-- ===== src/Channel/Write.antt =====
-- channel_v2.inl: what a write does to a channel, in each of the four cases.
use librf.Prelude.{
  ◌≡◌, ◌≢◌, refl, sym, ◌∙◌, ap, Bool, true, false, Option, some, List, [], ◌∷◌, ◌++◌, arith, inl,
  inr, length,
}
use librf.RingQueue.{RingQueue, capacity}
use librf.RingQueue
use librf.RingQueue.Refine.{taken, written, try_pop-cons, try_push-room, try_push-full}
use librf.LinkQueue.{Ptr, null, Node, LinkQueue}
use librf.LinkQueue
use librf.LinkQueue.Chain.{Fresh}
use librf.LinkQueue.Refine as Links
use librf.Channel.{
  Channel, store, awake_one_reader, awake_one_reader_val, try_write_nolock, write_await_suspend,
}
use librf.Channel.Inv.{Rep, woken}

module _ {ℓ} {A : Type ℓ} where
  awake_one_reader-nil :
      (o : Bool) (c : Channel A)
      → LinkQueue.try_pop c.read_awakes ≡ (null, c.read_awakes)
      → awake_one_reader o c ≡ c
  unfolding awake_one_reader
  awake_one_reader-nil o c e = ground (arith, e)

  awake_one_reader-cons :
      (o : Bool) (c : Channel A) (p : Ptr) (v : Option A) (vs : RingQueue A)
      → (LinkQueue.try_pop c.read_awakes).0 ≡ p
      → p ≢ null
      → RingQueue.try_pop o c.values ≡ some (v, vs)
      → awake_one_reader o c ≡ record c {
        values = vs;
        read_awakes = (LinkQueue.try_pop c.read_awakes).1;
        read_value = store c.read_value p v;
        scheduled = woken c p;
      }
  unfolding awake_one_reader
  awake_one_reader-cons o c p v vs e n f = ground (arith, e, f)

  awake_one_reader_val-nil :
      (c : Channel A) (v : A)
      → LinkQueue.try_pop c.read_awakes ≡ (null, c.read_awakes)
      → awake_one_reader_val c v ≡ (false, c)
  unfolding awake_one_reader_val
  awake_one_reader_val-nil c v e = ground (arith, e)

  awake_one_reader_val-cons :
      (c : Channel A) (p : Ptr) (v : A)
      → (LinkQueue.try_pop c.read_awakes).0 ≡ p
      → p ≢ null
      → awake_one_reader_val c v ≡ (
        true,
        record c {
          read_awakes = (LinkQueue.try_pop c.read_awakes).1;
          read_value = store c.read_value p (some v);
          scheduled = woken c p;
        },
      )
  unfolding awake_one_reader_val
  awake_one_reader_val-cons c p v e n = ground (arith, e)

  try_write-pushed :
      (o : Bool) (c : Channel A) (v : A) (vs : RingQueue A)
      → RingQueue.try_push c.values v ≡ (true, vs)
      → try_write_nolock o c v ≡ (true, awake_one_reader o (record c { values = vs }))
  unfolding try_write_nolock
  try_write-pushed o c v vs e = rw (e, try_write_nolock)

  try_write-full :
      (o : Bool) (c : Channel A) (v : A)
      → RingQueue.try_push c.values v ≡ (false, c.values)
      → try_write_nolock o c v ≡ awake_one_reader_val c v
  unfolding try_write_nolock
  try_write-full o c v e = rw (e, try_write_nolock)

  module _ (o : Bool) {c : Channel A} (v : A) where
    -- There is room, and nobody waits to read.
    pub write-buffered :
        (xs : List A) (ws : List Ptr)
        → length xs ≢ c.max_counter
        → Rep c xs [] ws
        → let c' = record c { values = written c.values v } in
          (try_write_nolock o c v ≡ (true, c')) × Rep c' (xs ++ (v ∷ [])) [] ws
    write-buffered xs ws ne r =
        let (pushed, holds, cap) = try_push-room r.holds v (λ e. ne (e ∙ r.sized)) in
        (
          try_write-pushed o c v (written c.values v) pushed
              ∙ ap (λ k. (true, k)) (awake_one_reader-nil o _ (Links.try_pop-nil r.readers)),
          record {
            holds = holds;
            sized = cap ∙ r.sized;
            readers = r.readers;
            writers = r.writers;
            idle_readers = inl refl;
            idle_writers = ground (arith, r.idle_writers);
          },
        )

    -- There is room and somebody waits to read: the value passes through the buffer.
    pub write-through :
        (p : Ptr) (rs : List Ptr)
        → 0 ≢ c.max_counter
        → Rep c [] (p ∷ rs) []
        → let c' = record c {
          values = taken o (written c.values v);
          read_awakes = (LinkQueue.try_pop c.read_awakes).1;
          read_value = store c.read_value p (some v);
          scheduled = woken c p;
        } in
          (try_write_nolock o c v ≡ (true, c')) × Rep c' [] rs []
    write-through p rs ne r =
        let (pushed, holds, cap) = try_push-room r.holds v (λ e. ne (e ∙ r.sized)) in
        let (popped, holds', cap') = try_pop-cons o holds in
        let (front, rest) = Links.try_pop-cons r.readers in
        (
          try_write-pushed o c v (written c.values v) pushed
              ∙ ap (λ k. (true, k))
                  (awake_one_reader-cons o _ p (some v) _ front r.readers.chain.1 popped),
          record {
            holds = holds';
            sized = cap' ∙ cap ∙ r.sized;
            readers = rest;
            writers = r.writers;
            idle_readers = inr (refl, refl);
            idle_writers = inl refl;
          },
        )

    -- There is no buffer, and the oldest waiting reader is handed the value.
    pub write-handed :
        (p : Ptr) (rs : List Ptr)
        → 0 ≡ c.max_counter
        → Rep c [] (p ∷ rs) []
        → let c' = record c {
          read_awakes = (LinkQueue.try_pop c.read_awakes).1;
          read_value = store c.read_value p (some v);
          scheduled = woken c p;
        } in
          (try_write_nolock o c v ≡ (true, c')) × Rep c' [] rs []
    write-handed p rs e r =
        let (front, rest) = Links.try_pop-cons r.readers in
        (
          try_write-full o c v (try_push-full r.holds v (e ∙ sym r.sized))
              ∙ awake_one_reader_val-cons c p v front r.readers.chain.1,
          record {
            holds = r.holds;
            sized = r.sized;
            readers = rest;
            writers = r.writers;
            idle_readers = inr (refl, refl);
            idle_writers = inl refl;
          },
        )

    -- The buffer is full and nobody waits to read.
    pub write-full :
        (xs : List A) (ws : List Ptr)
        → length xs ≡ c.max_counter
        → Rep c xs [] ws
        → try_write_nolock o c v ≡ (false, c)
    write-full xs ws e r =
        try_write-full o c v (try_push-full r.holds v (e ∙ sym r.sized))
        ∙ awake_one_reader_val-nil c v (Links.try_pop-nil r.readers)

    -- Then the new state waits behind the others.
    pub write-waits :
        (xs : List A) (ws : List Ptr) (p : Ptr)
        → p ≢ null
        → Fresh p ws
        → length xs ≡ c.max_counter
        → Rep c xs [] ws
        → let c' = record c {
          write_awakes = LinkQueue.push_back c.write_awakes p;
          write_value = store c.write_value p v;
          coro = store c.coro p true;
        } in
          (write_await_suspend o c p v ≡ (false, c')) × Rep c' xs [] (ws ++ (p ∷ []))
    unfolding write_await_suspend
    write-waits xs ws p n out e r = (
      rw (write-full xs ws e r),
      record {
        holds = r.holds;
        sized = r.sized;
        readers = r.readers;
        writers = Links.push_back-IsQueue p r.writers n out;
        idle_readers = inl refl;
        idle_writers = inr e;
      },
    )

  -- A write that is taken at once does not suspend.
  pub write-ready :
      (o : Bool) (c : Channel A) (p : Ptr) (v : A) (c' : Channel A)
      → try_write_nolock o c v ≡ (true, c')
      → write_await_suspend o c p v ≡ (true, c')
  unfolding write_await_suspend
  write-ready o c p v c' e = ground (arith, e)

---+---

Which lines in the material above include the string "where"? Pull them out.

module _ {ℓ} {A : Type ℓ} where
  module _ (o : Bool) {c : Channel A} (v : A) where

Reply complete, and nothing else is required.